Records from a collection —
___
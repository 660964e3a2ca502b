-- ===== src/Thing/Lineage.antt =====
-- The thing types above a thing type of pkg/model/thing/manager.go, and `GetRootThingType`.
use mathlib.Core.Path.{subst}
use harns.Prelude.{
  ℕ, zero, suc, ◌≤◌, ◌<◌, ◌≡◌, refl, sym, ap, ◌∙◌, ◌⊎◌, inl, inr, arith, true, false, some, List,
  [], ◌∷◌, length, Bool-cases, some-inj,
}
use harns.Prelude.Bytes.{eq_bytes, eq_bytes→eq}
use harns.Prelude.Dict.{Dict, load, has_key, load-has_key}
use harns.Thing.{ThingType}
use harns.Thing.Types.{is_empty, climb, get_root_thing_type}
use harns.Thing.Forest.{IsForest, nil, cons, HasParent}

-- A line is what the chain of parents meets from an identifier on: it ends at a thing type without a
-- parent.
pub data IsLine (types : Dict ThingType) : List ℕ → List ThingType → Type 0 where
  top : {id : List ℕ} → is_empty id ≡ true → IsLine types id []
  up :
      {id : List ℕ} {ty : ThingType} {line : List ThingType}
      → is_empty id ≡ false
      → load types id ≡ some ty
      → IsLine types ty.parent_type_id line
      → IsLine types id (ty ∷ line)

IsLine-weaken :
    {types : Dict ThingType} {id : List ℕ} {line : List ThingType} (k : List ℕ) (x : ThingType)
    → has_key types k ≡ false
    → IsLine types id line
    → IsLine ((k, x) ∷ types) id line
IsLine-weaken k x fresh (top e) = top e
IsLine-weaken {types = types} {id = id} k x fresh (up {ty = ty} e l above) =
    elim (Bool-cases (eq_bytes k id)) [
      | inl q ↦
          let there : has_key types k ≡ true =
            rw (eq_bytes→eq k id q) (load-has_key types id ty l) in
          absurd (ground arith)
      | inr q ↦ up e (rw q l) (IsLine-weaken k x fresh above)
    ]

-- In a forest every thing type has a line, no longer than the forest.
pub IsForest-IsLine :
    (types : Dict ThingType) (id : List ℕ)
    → IsForest types
    → (is_empty id ≡ true) ⊎ (has_key types id ≡ true)
    → (line : List ThingType) × IsLine types id line × (length line ≤ length types)
unfolding HasParent
IsForest-IsLine [] id nil (inl e) = ([], top e, omega arith)
IsForest-IsLine [] id nil (inr e) = absurd (ground arith)
IsForest-IsLine ((k, ty) ∷ es) id (cons fresh parent f) there = elim (Bool-cases (is_empty id)) [
  | inl e ↦ ([], top e, omega arith)
  | inr e ↦ elim (Bool-cases (eq_bytes ty.meta.id id)) [
    | inl q ↦
        let (line, above, n) = IsForest-IsLine es ty.parent_type_id f parent in
        (ty ∷ line, up e (rw q refl) (IsLine-weaken ty.meta.id ty fresh above), omega arith)
    | inr q ↦
        let (line, above, n) = IsForest-IsLine es id f (ground arith) in
        (line, IsLine-weaken ty.meta.id ty fresh above, omega arith)
  ]
]

abbrev pub last_of : ThingType → List ThingType → ThingType
last_of ty [] = ty
last_of ty (t ∷ ts) = last_of t ts

climb-last_of :
    {types : Dict ThingType} (line : List ThingType) (n : ℕ) (ty : ThingType)
    → IsLine types ty.parent_type_id line
    → length line < n
    → (climb n types ty ≡ some (last_of ty line))
      × (is_empty (ThingType.parent_type_id (last_of ty line)) ≡ true)
unfolding climb
climb-last_of line zero ty above h = absurd (omega arith)
climb-last_of [] (suc n) ty (top e) h = (rw e refl, e)
climb-last_of (t ∷ line) (suc n) ty (up e l above) h =
    rw (e, l) (climb-last_of line n t above (omega arith))

-- The line of a thing type starts with it.
pub IsLine-above :
    {types : Dict ThingType} {id : List ℕ} {line : List ThingType} (ty : ThingType)
    → is_empty id ≡ false
    → load types id ≡ some ty
    → IsLine types id line
    → (rest : List ThingType) × IsLine types ty.parent_type_id rest × (line ≡ ty ∷ rest)
IsLine-above ty e l (top e') = absurd (ground arith)
IsLine-above {types = types} ty e l (up {ty = t} {line = rest} e' l' above) =
    let same : t ≡ ty = some-inj (sym l' ∙ l) in
    (
      rest,
      subst (λ (x : ThingType). IsLine types x.parent_type_id rest) same above,
      ap (λ (x : ThingType). x ∷ rest) same,
    )

-- `GetRootThingType` ends on a forest of thing types, after at most one round for each of them, with
-- the last thing type of the line of parents, which has no parent itself.
pub get_root_thing_type-total :
    (types : Dict ThingType) (id : List ℕ) (ty : ThingType)
    → IsForest types
    → load types id ≡ some ty
    → is_empty id ≡ false
    → (line : List ThingType) × IsLine types id (ty ∷ line)
      × (get_root_thing_type (length types) types id ≡ some (some (last_of ty line)))
      × (is_empty (ThingType.parent_type_id (last_of ty line)) ≡ true)
unfolding get_root_thing_type
get_root_thing_type-total types id ty f l e =
    let (line, is, n) = IsForest-IsLine types id f (inr (load-has_key types id ty l)) in
    let (rest, above, same) = IsLine-above ty e l is in
    let short : length rest < length types =
      let m : length (ty ∷ rest) ≤ length types = rw same at n in omega arith in
    let (c, r) = climb-last_of rest (length types) ty above short in
    (rest, up e l above, rw (get_root_thing_type, l, c) refl, r)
___
Find every line in the records that uses the string "IsForest", then copy it.

use harns.Thing.Forest.{IsForest, nil, cons, HasParent}
pub IsForest-IsLine :
    → IsForest types
IsForest-IsLine [] id nil (inl e) = ([], top e, omega arith)
IsForest-IsLine [] id nil (inr e) = absurd (ground arith)
IsForest-IsLine ((k, ty) ∷ es) id (cons fresh parent f) there = elim (Bool-cases (is_empty id)) [
        let (line, above, n) = IsForest-IsLine es ty.parent_type_id f parent in
        let (line, above, n) = IsForest-IsLine es id f (ground arith) in
    → IsForest types
    let (line, is, n) = IsForest-IsLine types id f (inr (load-has_key types id ty l)) in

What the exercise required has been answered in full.